__The task__:
Return exactly the span that opens with the line containing "Reach-Owned o here = o" and closes with the final line of the records, both included.
[Data for processing — start]
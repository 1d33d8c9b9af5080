-- ===== src/Timers/Owned.antt =====
-- Who owns the browser's timers that assets/js/goradd.js sets: each belongs to a name.
use serve.Base.{
  refl, ◌≡◌, ℕ, String, false, List, [], ◌∷◌, arith, All, some, eq_iff, str_eq, none, Option-cases,
  Bool, All-append, Bool-cases, inl, inr,
}
use serve.Base.Dict.{lookup, insert, lookup-insert, lookup-insert_self}
use serve.Timers.{
  here, Timer, Pending, Timers, handle_of, drop_pending, clear_timer, set_timer, call, call_all,
  mark_start, mark_end, restart, on_timeout, fire, pass, Reach, throttle, Call, Step, sets, passes,
  next, clears, calls, throttles, fires, has_timer,
}

pub handle_of-insert :
    (id : String) (r : Timer) (table : List (String × Timer))
    → handle_of id (insert id r table) ≡ r.t
handle_of-insert id r table = rw (lookup-insert_self id r table, handle_of)

module _ {ℓ} {A : Type ℓ} where
  -- A timer of the browser is the one that the entry under its name holds the handle of.
  abbrev pub Belongs : List (String × Timer) → Pending A → Type 0
  Belongs table p = handle_of p.id table ≡ some p.handle

  abbrev pub Owned : Timers A → Type 0
  Owned s = All (Belongs s.table) s.pending

  -- Some timer under `id` is pending.
  abbrev pub NonePending : String → List (Pending A) → Type 0
  NonePending id ps = All (λ p. str_eq p.id id ≡ false) ps

  -- An entry that keeps its handle keeps what it owns.
  keep-Owned :
      (id : String) (r r' : Timer) (table : List (String × Timer)) (ps : List (Pending A))
      → lookup id table ≡ some r
      → r'.t ≡ r.t
      → All (Belongs table) ps
      → All (Belongs (insert id r' table)) ps
  keep-Owned id r r' table [] e k h = tt
  keep-Owned id r r' table (p ∷ ps) e k h = (
    ground (arith, lookup-insert id p.id r' table, eq_iff id p.id, h.0),
    keep-Owned id r r' table ps e k h.1,
  )

  clear-pending :
      (id : String) (h : ℕ) (r r' : Timer) (table : List (String × Timer)) (ps : List (Pending A))
      → lookup id table ≡ some r
      → r.t ≡ some h
      → All (Belongs table) ps
      → All (Belongs (insert id r' table)) (drop_pending h ps) × NonePending id (drop_pending h ps)
  unfolding drop_pending
  clear-pending id h r r' table [] e k o = (tt, tt)
  clear-pending id h r r' table (p ∷ ps) e k o = ground (
    arith,
    lookup-insert id p.id r' table,
    eq_iff id p.id,
    eq_iff p.id id,
    clear-pending id h r r' table ps e k o.1,
  )

  none_pending :
      (id : String) (table : List (String × Timer)) (ps : List (Pending A))
      → handle_of id table ≡ none
      → All (Belongs table) ps
      → NonePending id ps
  none_pending id table [] e o = tt
  none_pending id table (p ∷ ps) e o =
      (ground (arith, eq_iff p.id id, o.0), none_pending id table ps e o.1)

  -- After `clearTimer` nothing is pending under the name, and the rest still belongs.
  clear_timer-Owned :
      (id : String) (s : Timers A)
      → Owned s
      → Owned (clear_timer id s) × NonePending id (clear_timer id s).pending
  unfolding clear_timer
  clear_timer-Owned id s o = elim (Option-cases (lookup id s.table)) [
    | inl e ↦ rw (e, clear_timer) (o, none_pending id s.table s.pending (rw (e, handle_of)) o)
    | inr (r, e) ↦ elim (Option-cases r.t) [
      | inl k ↦
          rw (e, clear_timer, k) (o, none_pending id s.table s.pending (rw (e, handle_of, k)) o)
      | inr (h, k) ↦ rw (e, clear_timer, k) (clear-pending id h r _ s.table s.pending e k o)
    ]
  ]

  insert-Owned :
      (id : String) (r : Timer) (table : List (String × Timer)) (ps : List (Pending A))
      → NonePending id ps
      → All (Belongs table) ps
      → All (Belongs (insert id r table)) ps
  insert-Owned id r table [] n o = tt
  insert-Owned id r table (p ∷ ps) n o = (
    ground (arith, lookup-insert id p.id r table, eq_iff id p.id, eq_iff p.id id, n.0, o.0),
    insert-Owned id r table ps n.1 o.1,
  )

  set_timer-Owned :
      (id : String) (a : A) (d : ℕ) (b : Bool) (s : Timers A)
      → Owned s
      → Owned (set_timer id a d b s)
  unfolding set_timer
  set_timer-Owned id a d b s o =
      let cleared = clear_timer-Owned id s o in
      All-append (Belongs (set_timer id a d b s).table) _ _
        (insert-Owned id _ _ _ cleared.1 cleared.0)
        (handle_of-insert id _ (clear_timer id s).table, tt)

  call-Owned : (c : Call A) (s : Timers A) → Owned s → Owned (call c s)
  unfolding call throttle
  call-Owned (sets id a d b) s o = set_timer-Owned id a d b s o
  call-Owned (clears id) s o = (clear_timer-Owned id s o).0
  call-Owned (throttles id n a) s o = elim (Bool-cases (has_timer id s)) [
    | inl e ↦ rw e o
    | inr e ↦ rw e (set_timer-Owned id a _ false s o)
  ]

  call_all-Owned : (cs : List (Call A)) (s : Timers A) → Owned s → Owned (call_all cs s)
  unfolding call_all
  call_all-Owned [] s o = o
  call_all-Owned (c ∷ cs) s o = call_all-Owned cs _ (call-Owned c s o)

  mark_start-Owned : (id : String) (s : Timers A) → Owned s → Owned (mark_start id s)
  unfolding mark_start
  mark_start-Owned id s o = elim (Option-cases (lookup id s.table)) [
    | inl e ↦ rw (e, mark_start) o
    | inr (r, e) ↦ rw (e, mark_start) (keep-Owned id r _ s.table s.pending e refl o)
  ]

  mark_end-Owned : (id : String) (s : Timers A) → Owned s → Owned (mark_end id s)
  unfolding mark_end
  mark_end-Owned id s o = elim (Option-cases (lookup id s.table)) [
    | inl e ↦ rw (e, mark_end) o
    | inr (r, e) ↦ rw (e, mark_end) (keep-Owned id r _ s.table s.pending e refl o)
  ]

  drop-Owned :
      (h : ℕ) (table : List (String × Timer)) (ps : List (Pending A))
      → All (Belongs table) ps
      → All (Belongs table) (drop_pending h ps)
  unfolding drop_pending
  drop-Owned h table [] o = tt
  drop-Owned h table (p ∷ ps) o = ground (arith, drop-Owned h table ps o.1)

  restart-Owned :
      (h now : ℕ) (table : List (String × Timer)) (ps : List (Pending A))
      → All (Belongs table) ps
      → All (Belongs table) (restart h now ps)
  unfolding restart
  restart-Owned h now table [] o = tt
  restart-Owned h now table (p ∷ ps) o = (ground arith, restart-Owned h now table ps o.1)

  on_timeout-Owned :
      (id : String) (cs : List (Call A)) (spent : ℕ) (s : Timers A)
      → Owned s
      → Owned (on_timeout id cs spent s)
  unfolding on_timeout pass
  on_timeout-Owned id cs spent s o =
      mark_end-Owned id _ (call_all-Owned cs _ (clear_timer-Owned id _ (mark_start-Owned id s o)).0)

  fire-Owned :
      (p : Pending A) (cs : List (Call A)) (spent : ℕ) (s : Timers A)
      → Owned s
      → Owned (fire p cs spent s)
  unfolding fire pass
  fire-Owned p cs spent s o = elim (Bool-cases p.periodic) [
    | inl e ↦ rw e (call_all-Owned cs _ (restart-Owned p.handle s.now s.table s.pending o))
    | inr e ↦ rw e (on_timeout-Owned p.id cs spent _ (drop-Owned p.handle s.table s.pending o))
  ]

  Step-Owned : {s t : Timers A} → Step s t → Owned s → Owned t
  unfolding pass
  Step-Owned (passes n s) o = o
  Step-Owned (calls c s) o = call-Owned c s o
  Step-Owned (fires p cs spent s m d) o = fire-Owned p cs spent s o

  -- In every history each timer that the browser has pending is the one whose handle the entry
  -- under its name holds, so that no timer is ever out of reach of `clearTimer`.
  pub Reach-Owned : {s t : Timers A} → Owned s → Reach s t → Owned t
  Reach-Owned o here = o
  Reach-Owned o (next r st) = Step-Owned st (Reach-Owned o r)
[Data for processing — finish]
__Output for this task__:
  Reach-Owned o here = o
  Reach-Owned o (next r st) = Step-Owned st (Reach-Owned o r)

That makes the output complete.